[feature] Streaming data allocation #3995

AlbertoEAF · 2021-02-17T11:58:15Z

Motivation

Although LightGBM supports creating a dataset from an array of matrices through LGBM_DatasetCreateFromMats, there's no support to load data from a data stream in single-pass fashion without knowing its size beforehand. For bigger datasets in distributed systems this can be a performance limitation.

This feature adds support for it in SWIG, although it is not Java-specific and could be exposed in the rest of the code too.

Proposed Solution

Problem:
Assume the input dataset size is not known (stream) and you want to copy the data in a single-pass.

Solution:
It is possible to implement such feature in C++ by a dynamic "chunked array" - i.e., an array of arrays (chunks), where all chunks are of a fixed size. The sequence is the following:

Initialize ChunkedArray with one chunk.
As each value is read from the stream, it is back-inserted in the last chunk.
When the chunk is full, a new chunk is automatically allocated before back-insertion.
Repeat from 2 until the input data is exhausted.

After reading the dataset, it's size can be computed in O(1):

size = (num_chunks-1) * chunk_size + num_elements_in_last_chunk

This array of arrays can now be used in the LGBM_DatasetCreateFromMats call.

Patch notes

This patch is required to support streaming in SWIG.
The ChunkedArray class is only exposed in SWIG but could be exposed for users of other languages too as it's a regular C++ class.

Example usage:

In C++:

#include "ChunkedArray.hpp"

auto data = ChunkedArray<double>(100000); // chunk_size = 100000

// Automatically managed memory & no need to specify addresses:
while (!stream.empty()) {
  data.add(stream.pop()); 
}

LGBM_DatasetCreateFromMats(..., a.data_as_void(), ...);

This was properly wrapped in SWIG, so it works as a regular Java class too.

Here's the patch diff and I'd really like to see LGBM gain this support, can I submit an MR with it?

Special request for input @imatiach-msft @guolinke @StrikerRUS :)

The text was updated successfully, but these errors were encountered:

AlbertoEAF · 2021-02-17T12:11:10Z

Also, I'd like to add automatic C++ CI tests for this.

Do we already have C++ tests in the rest of the code?

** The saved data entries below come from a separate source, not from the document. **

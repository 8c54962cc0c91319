-- ===== src/Core/Future.antt =====
-- src/core/torrent_core/torrent_core_future.cpp: the two loops that wait for the status of a future.
-- A wake-up says what the status is then and whether the wait ended before its deadline.
use t2h.Common.{Bool, true, false, not, ◌&&◌, List, [], ◌∷◌, Option, none, some, if◌then◌else◌}

pub record Wake : Type 0 where
  pub status : Bool
  pub success : Bool

-- `none` while the loop waits on.
unfoldable pub wait_result : List Wake → Option (Unit {0})
wait_result [] = none
wait_result (w ∷ ws) = let rest = wait_result ws in if w.status then some tt else rest

unfoldable pub timed_wait_result : List Wake → Option Bool
timed_wait_result [] = none
timed_wait_result (w ∷ ws) =
    let rest = timed_wait_result ws in
    if not w.status && not w.success then some false else if w.status then some true else rest
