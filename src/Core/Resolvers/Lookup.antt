-- ===== src/Core/Resolvers/Lookup.antt =====
-- lookup_error: a torrent that hangs is given a resolver, which waits and then rechecks it.
use t2h.Common.{
  ℕ, ◌+◌, ◌≤◌, ◌<◌, leb, Bool, true, false, not, [], ◌∷◌, ◌++◌, none, some, if◌then◌else◌, ◌≡◌,
  refl, arith,
}
use t2h.Core.World.{
  force_recheck, Core, Libtorrent, TorrentStatus, hang_at_start_error, returns, M, ◌>>=◌, ◌>>◌,
  pure, get_state, call,
}
use t2h.Core.Calls.{logged, bind_returns, safe_returns, call_returns}
use t2h.Core.Resolvers.{
  register_default_resolvers, is_need_resolve, get_resolver, resolve, clone, set_resolve_info,
}

-- A torrent that hangs, without a resolver: the default resolvers find one whose delay ends in five
-- seconds.
get_resolver_hang :
    (now : ℕ) (status : TorrentStatus)
    → is_need_resolve (hang_at_start_error none 0) status ≡ true
    → get_resolver now register_default_resolvers status
      ≡ some (hang_at_start_error (some status) (now + 5))
unfolding get_resolver clone set_resolve_info
get_resolver_hang now status h = rw (h, get_resolver) refl

-- A resolver of a torrent whose handle is valid is not done before the end of its delay and changes
-- nothing; from then on it has the torrent checked again, once, and is done, when libtorrent does not
-- throw.
pub resolve_lem :
    (lt : Libtorrent) (now deadline : ℕ) (status : TorrentStatus) (s : Core)
    → lt.is_valid s.calls status.handle ≡ true
    → lt.throws s.calls (force_recheck status.handle) ≡ false
    → (now < deadline
        → resolve lt now (hang_at_start_error (some status) deadline) s ≡ (s, returns false))
      × (deadline ≤ now
          → resolve lt now (hang_at_start_error (some status) deadline) s
            ≡ (record s { calls = s.calls ++ force_recheck status.handle ∷ [] }, returns true))
unfolding resolve get_state ◌>>=◌
resolve_lem lt now deadline status s v t = (
  λ l.
      safe_returns false false begun s s
        (waits (lt.is_valid s.calls status.handle) (leb deadline now) v (ground (arith, l))),
  λ l.
      safe_returns false true begun s (logged (force_recheck status.handle) s)
        (checks (lt.is_valid s.calls status.handle) (leb deadline now) v (ground (arith, l))),
)
  where
    check : M Bool
    check = call lt (force_recheck status.handle) >> pure true

    begun : M Bool
    begun = get_state >>= λ u.
        if not (lt.is_valid u.calls status.handle)
        then pure false
        else if leb deadline now
        then check
        else pure false

    waits :
        (b c : Bool)
        → b ≡ true
        → c ≡ false
        → (if not b then pure false else if c then check else pure false) s ≡ (s, returns false)
    waits true true g h = absurd (ground (arith, h))
    waits true false g h = refl
    waits false c g h = absurd (ground (arith, g))

    checks :
        (b c : Bool)
        → b ≡ true
        → c ≡ true
        → (if not b then pure false else if c then check else pure false) s
          ≡ (logged (force_recheck status.handle) s, returns true)
    checks true true g h =
        bind_returns (call lt (force_recheck status.handle)) (λ _. pure true) s
          (logged (force_recheck status.handle) s) tt
          (call_returns lt (force_recheck status.handle) s t)
    checks true false g h = absurd (ground (arith, h))
    checks false c g h = absurd (ground (arith, g))
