-- ===== src/Core/Service/Removal.antt =====
-- src/core/torrent_core/torrent_core.cpp and sequential_torrent_controller.cpp: what is left of a torrent
-- that is removed when libtorrent tells that it is deleted.
use t2h.Common.{
  ℕ, ◌==◌, ==_iff, true, false, List, Option, none, some, Bytes, find, erase, find-erase, ◌≡◌, refl,
  sym, ap, ◌∙◌, arith,
}
use mathlib.Core.Path.{subst}
use t2h.Core.World.{
  Call, post_torrent_updates, session_remove_torrent, Core, TorrentExInfo, event_file_remove,
  returns, M, ◌>>=◌, ◌>>◌, pure, save_path_of, session_call, with_buffer, set_buffer, load,
  is_running,
}
use t2h.Core.Buffer.{get_usafe, get, remove, remove_usafe}
use t2h.Core.Controller.{emit_each}
use t2h.Core.Alerts.{on_deleted}
use t2h.Core.Service.{Platform, remove_torrent}
use t2h.Core.Calls.{logged, bind_returns, session_call_returns, on_torrent_returns, buffered}

module _ (e : Platform) (i p : ℕ) (s : Core) (torrents : List (ℕ × ℕ)) (ex : TorrentExInfo)
    (running : is_running s.cur_state ≡ true) (session : s.session ≡ true)
    (shared : s.shared_buffer ≡ some torrents) (there : find ◌==◌ i torrents ≡ some p)
    (stored : find ◌==◌ p s.ex_infos ≡ some ex)
    (calm : (c : List Call) (k : Call) → e.lt.throws c k ≡ false) where
  -- The state that the removal leaves.
  abbrev without : Core
  without = logged post_torrent_updates (record (logged (session_remove_torrent ex.handle) s) {
    shared_buffer = some (erase ◌==◌ i torrents);
  })

  removed_torrent : remove_torrent e i s ≡ (without, returns tt)
  unfolding remove_torrent set_buffer remove_usafe
  removed_torrent =
      on_torrent_returns e tt tt i p act s without torrents ex running shared there stored (
        bind_returns (session_call e.lt (session_remove_torrent ex.handle)) (λ _. taken >>= written)
          s s1 tt
          (session_call_returns e.lt (session_remove_torrent ex.handle) s session
            (calm s.calls (session_remove_torrent ex.handle)))
        ∙ bind_returns taken written s1 s1 (erase ◌==◌ i torrents)
            (buffered (λ b. remove_usafe b i) torrents s1 shared)
        ∙ bind_returns (set_buffer (erase ◌==◌ i torrents))
            (λ _. session_call e.lt post_torrent_updates) s1 s2 tt refl
        ∙ session_call_returns e.lt post_torrent_updates s2 session
            (calm s2.calls post_torrent_updates))
    where
      s1 : Core
      s1 = logged (session_remove_torrent ex.handle) s

      s2 : Core
      s2 = record s1 { shared_buffer = some (erase ◌==◌ i torrents) }

      taken : M (List (ℕ × ℕ))
      taken = with_buffer (λ b. remove_usafe b i)

      written : List (ℕ × ℕ) → M (Unit {0})
      written left = set_buffer left >> session_call e.lt post_torrent_updates

      act : TorrentExInfo → M (Unit {0})
      act x = session_call e.lt (session_remove_torrent x.handle) >> (taken >>= written)

  gone : (path : Bytes) → e.hasher path ≡ i → get e.hasher (erase ◌==◌ i torrents) path ≡ none
  unfolding get get_usafe
  gone path h =
      let same : (i == e.hasher path) ≡ true = ground (arith, h) in
      find-erase ◌==◌ ==_iff i torrents (e.hasher path) ∙ rw same refl

  told_of_nothing :
      (path : Bytes)
      → e.lt.save_path without.calls ex.handle ≡ some path
      → e.hasher path ≡ i
      → on_deleted e.lt e.hasher e.partial_sort ex.handle without ≡ (without, returns tt)
  unfolding on_deleted save_path_of
  told_of_nothing path known h =
      bind_returns (save_path_of e.lt ex.handle) sought without without path
        (rw (known, save_path_of) refl)
      ∙ bind_returns (with_buffer (λ b. get e.hasher b path)) answer without without none (
          buffered (λ b. get e.hasher b path) (erase ◌==◌ i torrents) without refl
          ∙ ap (λ o. (without, returns o)) (gone path h))
    where
      answer : Option ℕ → M (Unit {0})
      answer found = elim found [
        | none ↦ pure tt
        | some q ↦ do
          now_ex ← load q
          emit_each event_file_remove now_ex.avaliables_files
          save_path ← save_path_of e.lt ex.handle
          left ← with_buffer (λ b. remove e.hasher b save_path)
          set_buffer left
      ]

      sought : Bytes → M (Unit {0})
      sought found_path = with_buffer (λ b. get e.hasher b found_path) >>= answer

  -- A torrent of a running service that is removed, by a libtorrent that throws nothing and still knows
  -- the path of the torrent, is out of the buffer before libtorrent tells that it is deleted. The
  -- removal tells of no file, and the handling of that alert, which is to tell of the removal of every
  -- file, then does nothing.
  pub remove_torrent-on_deleted :
      (path : Bytes)
      → ((c : List Call) → e.lt.save_path c ex.handle ≡ some path)
      → e.hasher path ≡ i
      → ((remove_torrent e i s).0.events ≡ s.events)
        × (on_deleted e.lt e.hasher e.partial_sort ex.handle (remove_torrent e i s).0
            ≡ ((remove_torrent e i s).0, returns tt))
  remove_torrent-on_deleted path known h = (
    ap (λ r. r.0.events) removed_torrent,
    subst (λ t. on_deleted e.lt e.hasher e.partial_sort ex.handle t ≡ (t, returns tt))
        (sym (ap (λ r. r.0) removed_torrent)) (told_of_nothing path (known without.calls) h),
  )
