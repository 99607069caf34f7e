-- ===== src/Detokenizer/Text.antt =====
-- The end of the safe text: `_find_valid_utf8_boundary` and `_delta_text` of detokenizer.py.
use mini_infer.Prelude.{
  ℕ, zero, suc, ◌+◌, ◌-◌, ◌≤◌, ◌<◌, ◌≡◌, refl, sym, ◌∙◌, max, Bool, true, false, ◌&&◌, List, [],
  ◌∷◌, arith, ltb, leb, ◌==◌, if◌then◌else◌, length, length-drop, take, drop, get_or, dec_lt, ◌⊎◌,
  ◌≢◌, inl, inr,
}

abbrev pub replacement_char : ℕ
replacement_char = 65533

-- The loop that steps back over replacement characters.
unfoldable pub step_back : List ℕ → ℕ → ℕ
step_back text zero = 0
step_back text (suc safe_end) = elim (get_or text safe_end 0 == replacement_char) [
  | true ↦ step_back text safe_end
  | false ↦ suc safe_end
]

-- `text.endswith(REPLACEMENT_CHAR)`
abbrev pub ends_replaced : List ℕ → Bool
ends_replaced text = ltb 0 (length text) && (get_or text (length text - 1) 0 == replacement_char)

unfoldable pub find_valid_utf8_boundary : List ℕ → ℕ → ℕ
unfolding step_back
find_valid_utf8_boundary text read_offset =
    let new_text = drop read_offset text in
    if leb (length text) read_offset
    then read_offset
    else if length new_text == 0
    then read_offset
    else if ends_replaced new_text
    then read_offset + step_back new_text (length new_text - 1)
    else length text

-- The length of the longest common prefix.
abbrev pub common : List ℕ → List ℕ → ℕ
common [] ys = 0
common (x ∷ xs) [] = 0
common (x ∷ xs) (y ∷ ys) = let rest = common xs ys in if x == y then suc rest else 0

unfoldable pub delta_text : List ℕ → List ℕ → List ℕ
delta_text old_text new_text =
    if common old_text new_text == length old_text
    then drop (length old_text) new_text
    else drop (common old_text new_text) new_text

-- The text without the replacement characters at its end.
abbrev pub safe_len : List ℕ → ℕ
safe_len [] = 0
safe_len (x ∷ xs) =
    let rest = safe_len xs in
    if rest == 0 then (if x == replacement_char then 0 else 1) else suc rest

step_back-cons :
    (x : ℕ) (xs : List ℕ) (n : ℕ)
    → step_back (x ∷ xs) (suc n) ≡ (
        if step_back xs n == 0
        then (if x == replacement_char then 0 else 1)
        else suc (step_back xs n))
unfolding step_back
step_back-cons x xs zero = ground arith
step_back-cons x xs (suc n) = ground (arith, step_back-cons x xs n)

step_back-all : (xs : List ℕ) → step_back xs (length xs) ≡ safe_len xs
unfolding step_back
step_back-all [] = refl
step_back-all (x ∷ xs) = rw (step_back-all xs) at (step_back-cons x xs (length xs))

pub safe_len-le : (xs : List ℕ) → safe_len xs ≤ length xs
safe_len-le [] = omega arith
safe_len-le (x ∷ xs) = ground (arith, safe_len-le xs)

safe_len-drop :
    (n : ℕ) (xs : List ℕ) → n ≤ length xs → n + safe_len (drop n xs) ≡ max n (safe_len xs)
safe_len-drop zero xs h = omega arith
safe_len-drop (suc n) [] h = omega arith
safe_len-drop (suc n) (x ∷ xs) h = ground (arith, safe_len-drop n xs)

-- Text that ends in another character is safe to its end.
ends-safe_len :
    (xs : List ℕ)
    → 0 < length xs
    → safe_len xs ≡ (if ends_replaced xs then step_back xs (length xs - 1) else length xs)
unfolding step_back
ends-safe_len [] h = elim h [ ]
ends-safe_len (x ∷ xs) h = sym (step_back-all (x ∷ xs)) ∙ ground arith

-- What was safe stays so, and the rest is safe up to the replacement characters at the end.
pub find_valid_utf8_boundary_lem :
    (text : List ℕ) (read_offset : ℕ)
    → find_valid_utf8_boundary text read_offset ≡ max read_offset (safe_len text)
unfolding find_valid_utf8_boundary
find_valid_utf8_boundary_lem text read_offset = elim (dec_lt read_offset (length text)) [
  | yes l ↦
      let new : length (drop read_offset text) ≡ length text - read_offset =
        length-drop read_offset text in
      let ends = ends-safe_len (drop read_offset text) (omega arith) in
      ground (arith, new, ends, safe_len-drop read_offset text)
  | no g ↦ ground (arith, safe_len-le text)
]

-- The safe part is empty, or ends in a character that is not replaced.
safe_len-cons :
    (x : ℕ) (xs : List ℕ)
    → (safe_len (x ∷ xs) ≡ 0)
      ⊎ ((safe_len (x ∷ xs) ≡ suc (safe_len xs)) × ((safe_len xs ≡ 0) → x ≢ replacement_char))
safe_len-cons x xs = ground arith

first_and_rest : (y x : ℕ) (ys xs : List ℕ) → y ∷ ys ≡ x ∷ xs → (y ≡ x) × (ys ≡ xs)
first_and_rest y x ys xs e = (cc, cc)

no_text : (x : ℕ) (xs : List ℕ) → ¬ ([] ≡ x ∷ take (safe_len xs) xs)
no_text x xs e = cc

-- A text that keeps the safe part of another is safe as far as that.
pub safe_len_mono :
    (xs ys : List ℕ) → take (safe_len xs) ys ≡ take (safe_len xs) xs → safe_len xs ≤ safe_len ys
safe_len_mono [] ys e = omega arith
safe_len_mono (x ∷ xs) [] e = elim (safe_len-cons x xs) [
  | inl z ↦ omega (arith, z)
  | inr (n, other) ↦ absurd (no_text x xs (rw n at e))
]
safe_len_mono (x ∷ xs) (y ∷ ys) e = elim (safe_len-cons x xs) [
  | inl z ↦ omega (arith, z)
  | inr (n, other) ↦
      let (same, rest) = first_and_rest y x _ _ (rw n at e) in
      ground (arith, n, safe_len_mono xs ys rest)
]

There are some low-level parts which would useful to unit-test directly in C++, such as this.

I was looking into it and still in 2021 Google Test seems one of the best solutions. The other alternative was Catch2, but even if it makes testing easier, apparently it limits debugger usage and its compile times are slower.

Any comments/preferences?

StrikerRUS · 2021-02-17T12:57:15Z

I'm definitely +1 for this feature! Described use case seems reasonable to me. As a "feature request for feature request", I'd like to see this in C API, so everyone will be able to use it in codebases with LightGBM 🙂 .

Speaking about C++ tests, unfortunately we don't have any right now 😞 . There is only very old feature request for them: #261 (and #3841 as a sub-issue) and very promising ongoing pull request which should help enable Google Test for LightGBM repo on our CI services: #3555.

imatiach-msft · 2021-02-17T15:34:25Z

+1 this would be very useful for lightgbm in mmlspark codebase, which currently aggregates all of the streaming data as a large Java array, converts that to a large native array and passes that into the lightgbm native codebase. I think this would reduce memory usage by 1/3 (I think 1/3 is used by Java, then 1/3 by temporary native array created from Java, and another 1/3 by dataset in lightgbm).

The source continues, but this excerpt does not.